The method according to any one of claims 20-28, wherein the biological sample is a tissue sample.
The method according to any one of claims 20-29, wherein the presence or level of the ROR1 in the biological sample is determined by a method selected from the group consisting of flow cytometry, immunohistochemical staining, ELISA assay, Western Blot, immunofluorescence assay, chemiluminescence assay, radioimmunoassay, and multiplex immunoassay.
The method according to any one of claim 22, wherein the location of the ROR1 in the biological sample is determined by a method selected from the group consisting of immunohistochemical staining, immunofluorescence assay, chemiluminescence assay, and multiplex immunoassay.

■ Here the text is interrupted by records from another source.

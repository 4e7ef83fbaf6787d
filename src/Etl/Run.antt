-- ===== src/Etl/Run.antt =====
-- app/database/etl.py, `run_etl`: the choice of the run, its stages and the watermark. The consistency
-- checks, which only log, and the stored procedures of the warehouse layer, which write other tables,
-- are left out but for the failure of the latter.
pub mod Stages
pub mod Watermark
pub mod Safety
use inventory_logix_dashboar.Base.{
  ℕ, zero, suc, ◌+◌, ◌-◌, max, min, String, Bool, true, false, not, ◌&&◌, ◌||◌, Option, none, some,
  List, [], ◌∷◌, leb, ltb, ◌==◌, if◌then◌else◌, keep_if,
}
use inventory_logix_dashboar.JobQueue.{PyException, Outcome, returned, raised}
use inventory_logix_dashboar.Etl.{watermark}
use inventory_logix_dashboar.Etl.Facts.{Movement, Product, Dims, build_movement_facts}
use inventory_logix_dashboar.Etl.Dims.{
  Tables, InventoryFact, DimCounts, counts_zero, build_dim_dates, build_dims,
}
use inventory_logix_dashboar.Etl.Dims.Inventory.{build_inventory_facts}
use inventory_logix_dashboar.Etl.Session.{
  World, M, ◌>>=◌, ◌>>◌, then_do, pure, use_db, commit, rollback, with_retry, set_state, stage,
}

-- The summary; the counts of `_build_dims` are one field.
pub record Summary : Type 0 where
  pub skipped : Bool
  pub incremental : Bool
  pub dim_dates : ℕ
  pub dim_counts : DimCounts
  pub fact_movements : ℕ
  pub fact_inventory : ℕ
  pub warehouse_etl_ok : Bool

abbrev pub skipped_run : Summary
skipped_run = record {
  skipped = true;
  incremental = false;
  dim_dates = 0;
  dim_counts = counts_zero;
  fact_movements = 0;
  fact_inventory = 0;
  warehouse_etl_ok = true;
}

unfoldable pub dates_op : ℕ → ℕ → Tables → Outcome (ℕ × Tables)
unfolding build_dim_dates
dates_op start end t =
    let built = build_dim_dates start end t.dim_dates in
    returned (built.1, record t { dim_dates = built.0 })

unfoldable pub movements_op : ℕ → ℕ → Tables → Outcome (ℕ × Tables)
movements_op start end t =
    let built = build_movement_facts start end t.dims t.movements t.facts in
    returned (built.1, record t { facts = built.0 })

unfoldable pub inventory_op : ℕ → ℕ → Tables → Outcome (ℕ × Tables)
inventory_op start end t = returned (build_inventory_facts start end t)

-- The four stages: the first three hold the watermark at `low`, the last moves it to `high`.
unfoldable pub run_stages : (List String → List String) → Bool → ℕ → ℕ → ℕ → ℕ → ℕ → ℕ → M Summary
unfolding stage
run_stages order_by incremental start end inv_start inv_end low high = do
  dates ← stage (dates_op start end) low
  counts ← stage (build_dims order_by) low
  moved ← stage (movements_op start end) low
  stocked ← stage (inventory_op inv_start inv_end) high
  pure record {
    skipped = false;
    incremental = incremental;
    dim_dates = dates;
    dim_counts = counts;
    fact_movements = moved;
    fact_inventory = stocked;
    warehouse_etl_ok = true;
  }

-- `MAX(id)`, or 0 for no movement; a deleted movement counts too.
unfoldable pub max_id : List Movement → ℕ
max_id [] = 0
max_id (m ∷ ms) = max m.id (max_id ms)

-- `MIN(created_at)::date`, or the default for no movement
unfoldable pub first_day : ℕ → List Movement → ℕ
first_day default [] = default
first_day default (m ∷ []) = m.day
first_day default (m ∷ n ∷ ms) = min m.day (first_day default (n ∷ ms))

-- The later of today and `MAX(created_at)::date`
unfoldable pub last_day : ℕ → List Movement → ℕ
last_day today [] = today
last_day today (m ∷ ms) = max m.day (last_day today ms)

-- `WHERE id > last_id`
unfoldable pub since : ℕ → List Movement → List Movement
since last_id ms = keep_if (λ (m : Movement). ltb last_id m.id) ms

-- `TRUNCATE ... RESTART IDENTITY CASCADE`
unfoldable pub truncate : Tables → Outcome (Unit {0} × Tables)
truncate t =
    let dims : Dims = record {
      products = t.dims.products;
      dim_products = [];
      dim_warehouses = [];
    } in
    returned (
      tt,
      record t {
        dims = dims;
        dim_dates = [];
        dim_suppliers = [];
        next_warehouse_key = 1;
        next_product_key = 1;
        facts = [];
        inventory = [];
      },
    )

abbrev pub fetch : Tables → Outcome (Tables × Tables)
fetch t = returned (t, t)

-- The incremental run: it is skipped if no movement is new.
unfoldable pub run_incremental : (List String → List String) → ℕ → Tables → M Summary
unfolding since
run_incremental order_by today t =
    let last_id = watermark t.etl_state in
    let ms = since last_id t.movements in
    if leb (max_id t.movements) last_id
    then pure skipped_run
    else run_stages order_by true (first_day today ms) (last_day today ms) (first_day today ms)
        today last_id (max_id t.movements)

-- The full rebuild
unfoldable pub run_rebuild : (List String → List String) → ℕ → Tables → M Summary
run_rebuild order_by today t =
    use_db truncate
    >> run_stages order_by false (first_day (today - 90) t.movements) today (today - 29) today 0
        (max_id t.movements)

abbrev pub is_empty : {A : Type 0} → List A → Bool
is_empty [] = true
is_empty (a ∷ as') = false

unfoldable pub choose_run : (List String → List String) → Bool → ℕ → Tables → M Summary
unfolding run_incremental run_rebuild
choose_run order_by force today t =
    if is_empty t.facts || force
    then run_rebuild order_by today t
    else run_incremental order_by today t

-- The stored procedures, whose failure is not fatal
unfoldable pub after_procedures : Summary → Outcome Tables × World → Outcome Summary × World
after_procedures s (returned t, w) = (returned s, w)
after_procedures s (raised e, w) = (returned (record s { warehouse_etl_ok = false }), rollback w)

unfoldable pub finish : ℕ → Summary → M Summary
unfolding after_procedures
finish today s =
    if s.skipped
    then pure s
    else (use_db (set_state "last_run_at" today) >> commit >> λ (w : World).
        after_procedures s (use_db fetch w))

-- The transaction that is left open goes with the connection.
unfoldable pub closed : Outcome Summary × World → Outcome Summary × World
closed (o, w) = (o, rollback w)

unfoldable pub locked_run : (List String → List String) → Bool → ℕ → M Summary
unfolding finish choose_run
locked_run order_by force today w =
    if w.is_locked
    then (returned skipped_run, w)
    else ((use_db fetch >>= choose_run order_by force today) >>= finish today) w

-- `run_etl`, on a new connection
unfoldable pub run_etl : (List String → List String) → Bool → ℕ → M Summary
unfolding closed locked_run
run_etl order_by force today w =
    closed
      ((with_retry (use_db fetch) >> use_db fetch >> locked_run order_by force today) (rollback w))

The method according to any one of claims 20-25, 27-31, wherein the cancer is ROR1-positve solid tumor selected from the group consisting of breast cancer (such as triple-negative breast cancer) , endometrial cancer, lung cancer, ovarian cancer, colon cancer, liver cancer, esophageal cancer, pancreatic cancer, bladder cancer, prostate cancer, colorectal cancer, uterine cancer, cervical cancer, brain cancer, gastric cancer, cholangiocarcinoma, chondrosarcoma, kidney cancer, thyroid cancer, and skin cancer, or ROR1-positive hematological malignancies selected from the group consisting of lymphoma and myeloma.
The method according to claim 32, wherein the lymphoma is selected from the group consisting of Hodgkin B-cell lymphoma, non-Hodgkin B-cell lymphoma, mantle cell lymphoma, chronic lymphocytic leukemia, and diffuse large B cell lymphoma.